Further afield, Gabriel de Alba's Frontera Energy Corp. (FEC) added 29 cents to $11.00 on 77,800 shares, while Dr. Suresh Narine's CGX Energy Inc. (OYL) added five cents to $1.02 on 34,900 shares. They have completed a previously announced amendment to their joint venture at the offshore Corentyne block in Guyana. The amendment will make Frontera the majority owner of the block instead of CGX, in exchange for considerable financial relief from the former to the latter. This relief includes about $50-million (U.S.) in effective debt forgiveness and a carrying commitment for up to $130-million (U.S.) of the costs of the next exploration well. Frontera now owns 68 per cent of the block, to CGX's 32 per cent.
Investors seemed relieved. CGX and Frontera announced this amendment nearly five months ago and were originally hoping to complete it two months ago. Yet it turned out that there was no need to rush after all. As discussed Monday, even though the companies were contractually obligated to spud an exploration well by Nov. 30, the rig failed to arrive on time (it is still busy in Trinidad) and the Guyanese government agreed to extend the drilling deadline into January. Today's update included the news that the joint venturers have officially declared force majeure on the block. They quickly reassured investors that this is merely a "procedural step" to keep the contract in good standing, and that the government has no intention of ending the contract over the missed deadline.
Keen to redirect focus from the delays and procedural wranglings, management of both companies kept up a steady stream of hype about the "tremendous" and "transformational" potential of "one of the most exciting exploration areas in the world." CGX's management was equally enthusiastic about its lightened financial burden. As of Sept. 30, CGX had over $50-million (U.S.) in near-term debt and no way of paying its share of an expensive offshore well. Today it took delight in describing its balance sheet with that all-too-rare adjective (for CGX), "clean."
Elsewhere in South America, Serafino Iacono and Frank Giustra's Colombian gas producer, NG Energy International Inc. (GASX), added nine cents to $1.07 on 5.07 million shares. It has closed a previously announced $35-million private placement of debentures (plus warrant sweeteners). The proceeds will go toward a gassy drill program at the company's exploration-stage SN-9 block.

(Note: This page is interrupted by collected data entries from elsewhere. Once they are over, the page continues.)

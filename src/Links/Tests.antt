-- ===== src/Links/Tests.antt =====
-- Links on concrete rows, and the theorem at an input that meets its hypothesis.
use whats_app_poke.Prelude.{◌+◌, ◌*◌, ◌≡◌, refl, none, some, [], ◌∷◌, minute}
use whats_app_poke.Table.{find, update_where}
use whats_app_poke.Links.{
  ConnectLink, new_link, used, extended, claim_connect_link, start_connect_link,
  get_usable_connect_link,
}
use whats_app_poke.Links.Once.{Op, run, claim_link_once}

abbrev link : ConnectLink
link = new_link 1 10 10 7 "n" "gmail"

-- a link is good for ten minutes, and for thirty more once the consent has begun
expires : get_usable_connect_link "n" (10 + 10 * minute) (link ∷ []) ≡ none
unfolding get_usable_connect_link find
expires = refl

consent :
    get_usable_connect_link "n" (10 + 10 * minute) (start_connect_link "n" 20 20 (link ∷ [])).0
    ≡ some (extended 20 20 link)
unfolding get_usable_connect_link find start_connect_link update_where
consent = refl

claim_link_once_example :
    (claim_connect_link "n" 40
      (run (Op.start "n" 35 35 ∷ Op.claim "n" 36 ∷ []) (claim_connect_link "n" 30 (link ∷ [])).0)).1
    ≡ none
unfolding claim_connect_link find
claim_link_once_example =
    claim_link_once "n" 30 40 (Op.start "n" 35 35 ∷ Op.claim "n" 36 ∷ []) (link ∷ [])
      {s = used 30 link} refl
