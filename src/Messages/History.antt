-- ===== src/Messages/History.antt =====
-- The history that the model is given: its bounds, and whose messages it holds.
use whats_app_poke.Prelude.{
  length, ℕ, zero, suc, ◌+◌, ◌-◌, ◌≤◌, String, ◌≡◌, refl, subst, Bool, not, ◌&&◌, ◌==◌, str_eq, ◌≢◌,
  some, ap, ◌⊎◌, inl, inr, true, List, [], ◌∷◌, ◌++◌, arith, ltb, Bool-cases,
}
use whats_app_poke.Table.{
  All, All-select, All-sort_desc, select, sort_desc, All-map, get, Unique, stored_rows,
}
use whats_app_poke.Messages.{
  Message, Turn, turn, is_text, last_turns, total_chars, drop_oldest, load_recent_messages,
}
use Prim.Native.String.{count}

last_turns-length :
    (n : ℕ) (rows : List Message) (later : List Turn)
    → length (last_turns n rows later) ≤ n + length later
unfolding last_turns
last_turns-length zero rows later = omega arith
last_turns-length (suc n) [] later = omega arith
last_turns-length (suc n) (r ∷ rows) later =
    omega (arith, last_turns-length n rows (turn r ∷ later))

last_turns-All {κ} :
    (P : Turn → Type κ) (n : ℕ) (rows : List Message) (later : List Turn)
    → All (λ r. P (turn r)) rows
    → All P later
    → All P (last_turns n rows later)
unfolding last_turns
last_turns-All P zero rows later h k = k
last_turns-All P (suc n) [] later h k = k
last_turns-All P (suc n) (r ∷ rows) later h k =
    last_turns-All P n rows (turn r ∷ later) h.1 (h.0, k)

-- what the loop on the oldest messages keeps: an end of the list, within the bound or one message
pub record Kept (max_chars : ℕ) (messages kept : List Turn) : Type 0 where
  pub dropped : List Turn
  pub suffix : messages ≡ dropped ++ kept
  pub newest : length messages ≤ 0 ⊎ 1 ≤ length kept
  pub bounded : total_chars kept ≤ max_chars ⊎ length kept ≤ 1

-- The loop on the oldest messages, started with their total, keeps an end of the list, never empties
-- one that is not empty, and ends within the bound or with a single message.
pub drop_oldest_lem :
    (max_chars total : ℕ) (messages : List Turn)
    → total ≡ total_chars messages
    → Kept max_chars messages (drop_oldest max_chars total messages)
unfolding drop_oldest
drop_oldest_lem max_chars total [] e = record {
  dropped = [];
  suffix = refl;
  newest = inl (omega arith);
  bounded = inl (omega arith);
}
drop_oldest_lem max_chars total (m ∷ []) e = record {
  dropped = [];
  suffix = refl;
  newest = inr (omega arith);
  bounded = inr (omega arith);
}
drop_oldest_lem max_chars total (m ∷ n ∷ messages) e =
    let rest = drop_oldest_lem max_chars (total - count m.1) (n ∷ messages) (omega (arith, e)) in
    elim (Bool-cases (ltb max_chars total)) [
      | inr fits ↦ rw fits (record {
        dropped = [];
        suffix = refl;
        newest = inr (omega arith);
        bounded = inl (ground (arith, e, fits));
      })
      | inl long ↦ rw long (record {
        dropped = m ∷ rest.dropped;
        suffix = ap (λ l. m ∷ l) rest.suffix;
        newest = inr (nonempty rest.newest);
        bounded = rest.bounded;
      })
    ]
  where
    nonempty : {k : ℕ} → (length (n ∷ messages) ≤ 0) ⊎ (1 ≤ k) → 1 ≤ k
    nonempty (inl h) = omega (arith, h)
    nonempty (inr h) = h

drop_oldest-length :
    (max_chars total : ℕ) (messages : List Turn)
    → length (drop_oldest max_chars total messages) ≤ length messages
unfolding drop_oldest
drop_oldest-length max_chars total [] = omega arith
drop_oldest-length max_chars total (m ∷ []) = omega arith
drop_oldest-length max_chars total (m ∷ n ∷ messages) = elim (Bool-cases (ltb max_chars total)) [
  | inl long ↦
      rw long (omega (arith, drop_oldest-length max_chars (total - count m.1) (n ∷ messages)))
  | inr fits ↦ rw fits (omega arith)
]

drop_oldest-All {κ} :
    (P : Turn → Type κ) (max_chars total : ℕ) (messages : List Turn)
    → All P messages
    → All P (drop_oldest max_chars total messages)
unfolding drop_oldest
drop_oldest-All P max_chars total [] h = h
drop_oldest-All P max_chars total (m ∷ []) h = h
drop_oldest-All P max_chars total (m ∷ n ∷ messages) h = elim (Bool-cases (ltb max_chars total)) [
  | inl long ↦ rw long (drop_oldest-All P max_chars (total - count m.1) (n ∷ messages) h.1)
  | inr fits ↦ rw fits h
]

module _ (trim : String → String) (contact_id limit max_chars : ℕ) (rows : List Message) where
  abbrev pub history : List Turn
  history = load_recent_messages trim contact_id limit max_chars rows

  -- The history has at most `limit` turns, and its texts together have at most `max_chars`
  -- characters, unless it is a single message.
  pub load_recent_messages-bounds :
      (length history ≤ limit) × ((total_chars history ≤ max_chars) ⊎ (length history ≤ 1))
  unfolding load_recent_messages
  load_recent_messages-bounds =
      let newest_first = sort_desc Message.created_at (select (is_text trim contact_id) rows) in
      let messages = last_turns limit newest_first [] in
      let few = last_turns-length limit newest_first [] in
      let fewer = drop_oldest-length max_chars (total_chars messages) messages in
      (
        omega (arith, few, fewer),
        (drop_oldest_lem max_chars (total_chars messages) messages refl).bounded,
      )

  -- Every turn of the history is the text of a row of that contact in the table, found there by its
  -- id, and not a blank one, if no two rows share an id.
  pub load_recent_messages-scope :
      Unique Message.id rows
      → All
          (λ (t : Turn).
            (r : Message) × (t ≡ turn r)
            × (get Message.id r.id rows ≡ some r)
            × (r.contact_id ≡ contact_id)
            × (trim r.body ≢ ""))
          history
  unfolding load_recent_messages
  load_recent_messages-scope u = drop_oldest-All _ max_chars _ _ (
      last_turns-All _ limit _ []
        (All-sort_desc Message.created_at _ (select (is_text trim contact_id) rows) (
          All-map _
            (All-select (λ r. get Message.id r.id rows ≡ some r) (is_text trim contact_id) rows
              (stored_rows Message.id rows u))
            texts))
        tt)
    where
      never : (b : Bool) → (b && not (str_eq "" "")) ≡ true → ⊥
      never b h = ground (arith, h)

      not_blank : (r : Message) → is_text trim contact_id r ≡ true → trim r.body ≢ ""
      not_blank r h e =
          never (r.contact_id == contact_id)
            (subst (λ s. (r.contact_id == contact_id && not (str_eq s "")) ≡ true) e h)

      texts :
          (r : Message)
          → (get Message.id r.id rows ≡ some r) × (is_text trim contact_id r ≡ true)
          → (s : Message) × (turn r ≡ turn s)
            × (get Message.id s.id rows ≡ some s)
            × (s.contact_id ≡ contact_id)
            × (trim s.body ≢ "")
      texts r h = (r, refl, h.0, ground (arith, h.1), not_blank r h.1)
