-- ===== src/Messages/Inbound.antt =====
-- A webhook that is delivered twice is stored once.
use whats_app_poke.Prelude.{
  ℕ, String, ◌≡◌, refl, inl, inr, true, false, none, some, List, [], ◌∷◌, ◌++◌, Option-cases,
  str_eq, eq_iff,
}
use whats_app_poke.Table.{find, find-append_new}
use whats_app_poke.Messages.{
  Message, InboundFields, has_provider_id, inbound_message, insert_inbound_message,
}

str_eq_refl : (p : String) → str_eq p p ≡ true
str_eq_refl p = (eq_iff p p).1 refl

found_after :
    (provider_message_id : String) (new : Message) (messages : List Message)
    → new.provider_message_id ≡ some provider_message_id
    → find (has_provider_id provider_message_id) messages ≡ none
    → find (has_provider_id provider_message_id) (messages ++ new ∷ []) ≡ some new
found_after provider_message_id new messages own e =
    find-append_new (has_provider_id provider_message_id) messages new e
      (rw own (str_eq_refl provider_message_id))

-- A second delivery of a webhook, at whatever time and with whatever content, stores nothing and
-- is reported as a duplicate, whether or not the first one was.
pub insert_inbound_once :
    (id id' now now' contact_id contact_id' : ℕ) (body body' provider_message_id : String)
    (fields fields' : InboundFields) (messages : List Message)
    → (let first =
          insert_inbound_message id now contact_id body provider_message_id fields messages in
        insert_inbound_message id' now' contact_id' body' provider_message_id fields' first.0
        ≡ (first.0, false))
unfolding insert_inbound_message
insert_inbound_once id id' now now' contact_id contact_id' body body' provider_message_id fields
      fields' messages =
    elim (Option-cases (find (has_provider_id provider_message_id) messages)) [
      | inr (r, e) ↦ rw e (rw e refl)
      | inl e ↦ rw e (
          rw
            (found_after provider_message_id
              (inbound_message id now contact_id body provider_message_id fields) messages refl e)
            refl)
    ]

Insiders participated in the offering for $5.35-million. Most of that was the $2.75-million and $2-million in subscriptions, respectively, by CEO Mr. Iacono and long-time associate Mr. Giustra. They have been working together since the 1990s on numerous Latin American resource promotions. One of their highest-profile ventures was Pacific Rubiales, a Colombian oil darling whose stock soared from $2 in 2008 to a high of $35 in 2010. It had an unhappy ending, however, when it spiralled into bankruptcy in 2016. How kindly investors think of the promoters tends to line up with where they fell in that timeline.
Another former Pacific Rubiales man is now popping up at NG Energy. Jorge Fonseca, who worked at the Colombian promotion as head of corporate finance and new business development, is joining NG Energy as CFO. Mr. Fonseca was one of the executives who kept his job throughout Pacific Rubiales's bankruptcy, restructuring and re-emergence as the above-mentioned Frontera Energy Corp. (FEC: $11.00). He left Frontera in 2019 and since then has served as structured trade finance director at BP. Now he will rejoin some of his old colleagues at NG Energy, succeeding former CFO Marianella Bernal, who is becoming senior vice-president of finance.